= Birgit Krawietz =

Birgit Krawietz is a German professor of Islamic Studies at the Institut für Islamwissenschaft at the Freie Universität Berlin.

== Biography ==
Birgit Krawietz is professor of Islamic Studies. She earned her PhD in Islamic Studies from the University of Freiburg in 1990. From 1992 to 1998 she worked as a post-doctoral assistant at the Orientalische Seminar at the University of Tübingen. After having finished her habilitation with Professor Joseph van Ess at the Orientalische Seminar of the Universität Tübingen about "Hierarchie der Rechtsquellen im tradierten sunnitischen Islam" she left for the United States to join the Institute for Advanced Study in Princeton, New Jersey as a fellow. Later she continued for two years as a Heisenberg fellow at the Islamic Studies Program at Harvard Law School and the Center for Middle East Studies of Harvard University.

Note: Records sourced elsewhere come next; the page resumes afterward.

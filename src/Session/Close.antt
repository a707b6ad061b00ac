-- ===== src/Session/Close.antt =====
-- `close_conn` of src/protocol/server.rs and src/protocol/client.rs on an active connection.
use tws_rust.Prelude.{
  [], ◌∷◌, ◌++◌, ℕ, false, List, Option, none, some, ◌≡◌, refl, ap, ◌∙◌, by_if, by_test, if_false,
  if_true, Bool-cases, if◌then◌else◌, inl, inr, sym,
}
use tws_rust.Text.Bytes.{Bytes, bytes_eq, bytes_eq_refl, bytes_eq→eq}
use tws_rust.Text.Bytes.{bytes_key}
use tws_rust.Map.{contains_key, modify, get}
use tws_rust.Map.Laws.{contains_key-modify, contains_key-remove_key}
use tws_rust.Protocol.Packet.{ConnectionState, closed, is_pause, is_resume}
use tws_rust.Protocol.State.{connect_state_build}
use tws_rust.Session.Connection.{Connection}
use tws_rust.Session.Connection
use tws_rust.Session.Message.{OwnedMessage, text}
use tws_rust.Session.Writer.{queue-feed_ws}
use tws_rust.Session.View.{view-feed_ws, view-feed_ws_all}
use tws_rust.Session.Service.{
  Session, feed_ws, feed_ws_all, deliver, fed_writer, rewritten, outbox_of, with_connections,
  feed_tcp, on_pause_resume, close_conn, drop_connection,
}

-- Feeding the WebSocket writer neither adds nor removes a connection.
pub contains_key-feed_ws :
    (id : Bytes) (now : ℕ) (msg : OwnedMessage) (s : Session)
    → contains_key id (feed_ws now msg s).core.connections ≡ contains_key id s.core.connections
contains_key-feed_ws id now msg s =
    view-feed_ws (contains_key id) (λ j m. contains_key-modify id j Connection.pause m)
      (λ j m. contains_key-modify id j Connection.resume m) now msg s

contains_key-feed_ws_all :
    (id : Bytes) (now : ℕ) (msgs : List OwnedMessage) (s : Session)
    → contains_key id (feed_ws_all now msgs s).core.connections ≡ contains_key id s.core.connections
contains_key-feed_ws_all id now msgs s =
    view-feed_ws_all (contains_key id) (λ j m. contains_key-modify id j Connection.pause m)
      (λ j m. contains_key-modify id j Connection.resume m) now msgs s

contains_key-deliver :
    (id : Bytes) (now : ℕ) (conn_id bytes : Bytes) (c : Option Connection) (s : Session)
    → contains_key id (deliver now conn_id bytes c s).core.connections
      ≡ contains_key id s.core.connections
unfolding deliver
contains_key-deliver id now conn_id bytes none s = refl
contains_key-deliver id now conn_id bytes (some c) s =
    let w = fed_writer now bytes c in
    contains_key-feed_ws_all id now (outbox_of w.handler)
      (with_connections (modify conn_id (rewritten w) s.core.connections) s)
    ∙ contains_key-modify id conn_id (rewritten w) s.core.connections

pub contains_key-feed_tcp :
    (id : Bytes) (now : ℕ) (conn_id bytes : Bytes) (s : Session)
    → contains_key id (feed_tcp now conn_id bytes s).core.connections
      ≡ contains_key id s.core.connections
unfolding feed_tcp
contains_key-feed_tcp id now conn_id bytes s =
    contains_key-deliver id now conn_id bytes (get conn_id s.core.connections) s

pub contains_key-on_pause_resume :
    (id conn_id : Bytes) (state : ConnectionState) (s : Session)
    → contains_key id (on_pause_resume conn_id state s).core.connections
      ≡ contains_key id s.core.connections
unfolding on_pause_resume
contains_key-on_pause_resume id conn_id state s =
    by_if Same (is_pause state) (contains_key-modify id conn_id Connection.pause s.core.connections)
      (by_if Same (is_resume state)
        (contains_key-modify id conn_id Connection.resume s.core.connections) refl)
  where
    Same : Session → Type 0
    Same t = contains_key id t.core.connections ≡ contains_key id s.core.connections

-- Closing removes the connection, and no other.
pub contains_key-close_conn :
    (now : ℕ) (id j : Bytes) (s : Session)
    → contains_key j (close_conn now id s).core.connections
      ≡ (if bytes_eq id j then false else contains_key j s.core.connections)
unfolding close_conn drop_connection
contains_key-close_conn now id j s =
    by_test
      (λ (t : Session).
        contains_key j t.core.connections
        ≡ (if bytes_eq id j then false else contains_key j s.core.connections))
      (contains_key id s.core.connections)
      (λ found.
        contains_key-feed_ws j now (text (connect_state_build id closed)) (drop_connection id s)
        ∙ contains_key-remove_key id j s.core.connections)
      (λ missing. elim (Bool-cases (bytes_eq id j)) [
        | inr other ↦ sym (if_false (bytes_eq id j) false (contains_key j s.core.connections) other)
        | inl same ↦
            ap (λ k. contains_key k s.core.connections) (sym (bytes_eq→eq id j same))
            ∙ missing
            ∙ sym (if_true (bytes_eq id j) false (contains_key j s.core.connections) same)
      ])

closed_key :
    (now : ℕ) (id : Bytes) (s : Session)
    → contains_key id (close_conn now id s).core.connections ≡ false
closed_key now id s =
    contains_key-close_conn now id id s
    ∙ if_true (bytes_eq id id) false (contains_key id s.core.connections) (bytes_eq_refl id)

-- After a connection has been closed it is out of the table. While the WebSocket writer is open, the other side is told
-- exactly if there was such a connection, by a message that is the last in the queue; and closing the connection again,
-- which happens when both sides close at once, changes nothing, so the other side is told once.
pub close_conn_twice :
    (now later : ℕ) (id : Bytes) (s : Session)
    → s.writer.finished ≡ false
    → (contains_key id (close_conn now id s).core.connections ≡ false)
      × ((close_conn now id s).writer.queue ≡ (
          if contains_key id s.core.connections
          then s.writer.queue ++ text (connect_state_build id closed) ∷ []
          else s.writer.queue))
      × (close_conn later id (close_conn now id s) ≡ close_conn now id s)
unfolding close_conn drop_connection
close_conn_twice now later id s live = (
  closed_key now id s,
  elim (Bool-cases (contains_key id s.core.connections)) [
    | inl there ↦
        rw there
          (queue-feed_ws now (text (connect_state_build id closed)) (drop_connection id s) live)
    | inr missing ↦ rw missing refl
  ],
  if_false (contains_key id (close_conn now id s).core.connections) _ (close_conn now id s)
      (closed_key now id s),
)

After her return to Germany she worked as a research fellow at the Zentrum Moderner Orient (ZMO) near Berlin from May 2006 until March 2009. and taught as a visiting professor at the Institut für Islamwissenschaft at the Freie Universität Berlin, the Universität Zürich and the Ruhr Universität Bochum. She now has tenure as a professor at the Institut für Islamwissenschaft and the Berlin Graduate School of Muslim Cultures at the Freie Universität Berlin.

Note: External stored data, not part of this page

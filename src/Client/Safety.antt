-- ===== src/Client/Safety.antt =====
-- The life of a connection on the client (src/protocol/client.rs), from pending to active to gone, as packets
-- of the server drive it.
use tws_rust.Prelude.{
  ℕ, Bool, true, false, ◌||◌, Option, none, some, ◌≡◌, refl, sym, ap, ap₂, ◌∙◌, by_if, by_test,
  if◌then◌else◌, arith,
}
use tws_rust.Text.Bytes.{Bytes, bytes_eq, bytes_eq→eq}
use tws_rust.Text.Bytes.{bytes_key}
use tws_rust.Map.{Map, get, contains_key, remove}
use tws_rust.Map.Laws.{contains_key-insert, contains_key-remove_key, get_present}
use tws_rust.Protocol.Packet.{
  Packet, handshake, connect, udp_connect, connection_state, payload, udp_payload, unrecognized,
  ConnectionState, ok_state, closed, pause, resume, is_ok_state, is_closed, is_pause, is_resume,
}
use tws_rust.Protocol.State.{connect_state_build}
use tws_rust.Session.Message.{text}
use tws_rust.Session.Connection
use tws_rust.Session.Service.{insert_connection, on_pause_resume}
use tws_rust.Session.Close.{
  contains_key-feed_ws, contains_key-feed_tcp, contains_key-on_pause_resume,
  contains_key-close_conn,
}
use tws_rust.Net.Addr.{SocketAddr}
use tws_rust.Session.ReadThrottle.{Core, UdpConnection}
use tws_rust.Client.State.{
  send_at, send_udp_to, Client, Outcome, Pending, unwrap, close_any, activate_connection,
  on_connect_state, on_unknown, on_data, on_udp_data,
}
use tws_rust.Client.Handlers.{on_packet}

-- Whether a connection is active, and whether it is pending.
abbrev pub Phase : Type 0
Phase = Bool × Bool

abbrev pub phase : Bytes → Client → Phase
phase id s = (contains_key id s.session.core.connections, contains_key id s.pending_connections)

abbrev pub move : ConnectionState → Phase → Phase
move ok_state (active, true) = (true, false)
move ok_state (active, false) = (active, false)
move closed (true, waiting) = (false, waiting)
move closed (false, waiting) = (false, false)
move pause ph = ph
move resume ph = ph

abbrev pub packet_move : Bytes → Packet → Phase → Phase
packet_move id (handshake addr) ph = ph
packet_move id (connect conn_id) ph = ph
packet_move id (udp_connect conn_id) ph = ph
packet_move id (connection_state conn_id state) ph =
    if bytes_eq conn_id id then move state ph else ph
packet_move id (payload conn_id bytes) ph = ph
packet_move id (udp_payload conn_id bytes) ph = ph
packet_move id unrecognized ph = ph

pair : {a b c d : Bool} → a ≡ c → b ≡ d → ◌≡◌ {A = Phase} (a, b) (c, d)
pair e f = ap₂ (λ x y. (x, y)) e f

-- The moves, with `same` for the question whether the packet's connection is the one that is looked at.
closed_active :
    (same a p : Bool)
    → (same ≡ true → a ≡ true)
    → ◌≡◌ {A = Phase} (if same then false else a, p) (if same then move closed (a, p) else (a, p))
closed_active false a p h = refl
closed_active true true p h = refl
closed_active true false p h = let clash : false ≡ true = h refl in absurd (ground arith)

closed_pending :
    (same a p : Bool)
    → (same ≡ true → a ≡ false)
    → ◌≡◌ {A = Phase} (a, if same then false else p) (if same then move closed (a, p) else (a, p))
closed_pending false a p h = refl
closed_pending true false p h = refl
closed_pending true true p h = let clash : true ≡ false = h refl in absurd (ground arith)

closed_unknown :
    (same a p : Bool)
    → (same ≡ true → a ≡ false)
    → (same ≡ true → p ≡ false)
    → ◌≡◌ {A = Phase} (a, p) (if same then move closed (a, p) else (a, p))
closed_unknown false a p h k = refl
closed_unknown true false false h k = refl
closed_unknown true false true h k = let clash : true ≡ false = k refl in absurd (ground arith)
closed_unknown true true p h k = let clash : true ≡ false = h refl in absurd (ground arith)

ok_pending :
    (same a p : Bool)
    → (same ≡ true → p ≡ true)
    → ◌≡◌ {A = Phase}
        (same || a, if same then false else p)
        (if same then move ok_state (a, p) else (a, p))
ok_pending false a p h = refl
ok_pending true a true h = refl
ok_pending true a false h = let clash : false ≡ true = h refl in absurd (ground arith)

ok_unknown :
    (same a p : Bool)
    → (same ≡ true → p ≡ false)
    → ◌≡◌ {A = Phase} (a, p) (if same then move ok_state (a, p) else (a, p))
ok_unknown false a p h = refl
ok_unknown true a false h = refl
ok_unknown true a true h = let clash : true ≡ false = h refl in absurd (ground arith)

stays : (same : Bool) (ph : Phase) → ph ≡ (if same then ph else ph)
stays true ph = refl
stays false ph = refl

module _ (now : ℕ) (id conn_id : Bytes) where
  abbrev same : Bool
  same = bytes_eq conn_id id

  -- The two identifiers are in the same maps, if they are the same.
  known :
      {V : Type 0} (m : Map Bytes V) (b : Bool)
      → contains_key conn_id m ≡ b
      → same ≡ true
      → contains_key id m ≡ b
  known m b h e = ap (λ k. contains_key k m) (sym (bytes_eq→eq conn_id id e)) ∙ h

  phase-close_any :
      (s : Client)
      → phase id (close_any now conn_id s) ≡ (if same then move closed (phase id s) else phase id s)
  unfolding close_any
  phase-close_any s =
      let actives = s.session.core.connections in
      let a = contains_key id actives in
      let p = contains_key id s.pending_connections in
      by_test (λ (t : Client). phase id t ≡ (if same then move closed (a, p) else (a, p)))
        (contains_key conn_id actives)
        (λ active.
          pair (contains_key-close_conn now conn_id id s.session) refl
          ∙ closed_active same a p (known actives true active))
        (λ inactive.
          by_test (λ (t : Client). phase id t ≡ (if same then move closed (a, p) else (a, p)))
            (contains_key conn_id s.pending_connections)
            (λ waiting.
              pair refl (contains_key-remove_key conn_id id s.pending_connections)
              ∙ closed_pending same a p (known actives false inactive))
            (λ unknown.
              closed_unknown same a p (known actives false inactive)
                (known s.pending_connections false unknown)))

  abbrev Moves : ConnectionState → Client → Outcome → Type 0
  Moves state s o =
      (s' : Client) × (o ≡ some s')
      × (phase id s' ≡ (if same then move state (phase id s) else phase id s))

  phase-activate_connection :
      (s : Client)
      → contains_key conn_id s.pending_connections ≡ true
      → Moves ok_state s (activate_connection now conn_id s)
  unfolding activate_connection insert_connection
  phase-activate_connection s waiting =
      let (p, e) = get_present conn_id s.pending_connections waiting in
      let create = λ (q : Pending). Connection.create q.conn_id now in
      let activated = λ (q : Pending). record s {
        pending_connections = remove conn_id s.pending_connections;
        session = insert_connection conn_id (create q) s.session;
      } in
      (
        activated p,
        ap (λ (o : Option Pending). unwrap o (λ q. some (activated q))) e,
        pair (contains_key-insert conn_id id (create p) s.session.core.connections)
              (contains_key-remove_key conn_id id s.pending_connections)
            ∙ ok_pending same (contains_key id s.session.core.connections)
                (contains_key id s.pending_connections) (known s.pending_connections true waiting),
      )

  phase-on_connect_state :
      (state : ConnectionState) (s : Client) → Moves state s (on_connect_state now conn_id state s)
  unfolding on_connect_state is_closed is_ok_state is_pause is_resume on_pause_resume
  phase-on_connect_state closed s = (close_any now conn_id s, refl, phase-close_any s)
  phase-on_connect_state pause s = (
    _,
    refl,
    pair (contains_key-on_pause_resume id conn_id pause s.session) refl ∙ stays same (phase id s),
  )
  phase-on_connect_state resume s = (
    _,
    refl,
    pair (contains_key-on_pause_resume id conn_id resume s.session) refl ∙ stays same (phase id s),
  )
  phase-on_connect_state ok_state s =
      by_test (Moves ok_state s) (contains_key conn_id s.pending_connections)
        (λ waiting. phase-activate_connection s waiting)
        (λ unknown. (
          _,
          refl,
          pair (contains_key-feed_ws id now (text (connect_state_build conn_id closed)) s.session)
                refl
              ∙ ok_unknown same (contains_key id s.session.core.connections)
                  (contains_key id s.pending_connections)
                  (known s.pending_connections false unknown),
        ))

send_at_connections :
    (bytes : Bytes) (handle : ℕ) (addr : Option SocketAddr) (core : Core)
    → (send_at bytes handle addr core).connections ≡ core.connections
send_at_connections bytes handle none core = refl
send_at_connections bytes handle (some addr) core = refl

send_udp_to_connections :
    (bytes : Bytes) (u : Option UdpConnection) (core : Core)
    → (send_udp_to bytes u core).connections ≡ core.connections
send_udp_to_connections bytes none core = refl
send_udp_to_connections bytes (some u) core = send_at_connections bytes u.handle u.addr core

-- A packet of the server never makes the client panic, and moves a connection as follows: `ok` makes a
-- pending connection active and changes nothing about any other; `closed` removes an active connection, and
-- if it is not active a pending one; no other packet moves a connection, and none moves a connection
-- that it does not name.
pub phase-on_packet :
    (now : ℕ) (id : Bytes) (packet : Packet) (s : Client)
    → (s' : Client) × (on_packet now packet s ≡ some s')
      × (phase id s' ≡ packet_move id packet (phase id s))
unfolding on_packet on_unknown on_data on_udp_data
phase-on_packet now id (handshake addr) s = (s, refl, refl)
phase-on_packet now id (connect conn_id) s = (s, refl, refl)
phase-on_packet now id (udp_connect conn_id) s = (s, refl, refl)
phase-on_packet now id (connection_state conn_id state) s =
    phase-on_connect_state now id conn_id state s
phase-on_packet now id (payload conn_id bytes) s = (
  on_data now conn_id bytes s,
  refl,
  pair (contains_key-feed_tcp id now conn_id bytes s.session) refl,
)
phase-on_packet now id (udp_payload conn_id bytes) s = (
  on_udp_data conn_id bytes s,
  refl,
  pair
      (ap (contains_key id)
        (send_udp_to_connections bytes (get conn_id s.session.core.udp_connections) s.session.core))
      refl,
)
phase-on_packet now id unrecognized s =
    (on_unknown s, refl, by_if (λ (t : Client). phase id t ≡ phase id s) s.connected refl refl)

Her areas of expertise Islamic law, body and space management in Islam, namely the hurma, Hanbali school of law, Salafism, sports, body and culture, urbanism in Turkey and the Gulf.

== Published works ==
- Islam and the rule of law: between Sharia and secularization. Sankt Augustin: Konrad Adenauer Foundation 2008.
- Selbsttötung und islamische Scharia nach traditioneller sunnitischer Auffassung. In: Sterben von eigener Hand. Selbsttötung als kulturelle Praxis. Hg. Andreas Bähr und Hans Medick. Cologne: Böhlau, 2005. S. 333-350.
- Hierarchie der Rechtsquellen im tradierten sunnitischen Islam. Berlin: Duncker & Humblot 2002.
- Grundlagen und Grenzen einer Hirntodkonzeption im Islam. In: Hirntod. Zur Kulturgeschichte der Todesfeststellung. Hg. Thoma Schlich und Claudia Wiesemann. Frankfurt: Suhrkamp, 2001.
- Die Hurma: schariatrechtlicher Schutz vor Eingriffen in die körperliche Unversehrtheit nach arabischen Fatwas des 20. Jahrhunderts. Berlin: Duncker & Humblot 1991.
- Islam, Migration and Jinn - Spiritual Medicine in Muslim Health Management. London, New York: Palgrave MacMillan.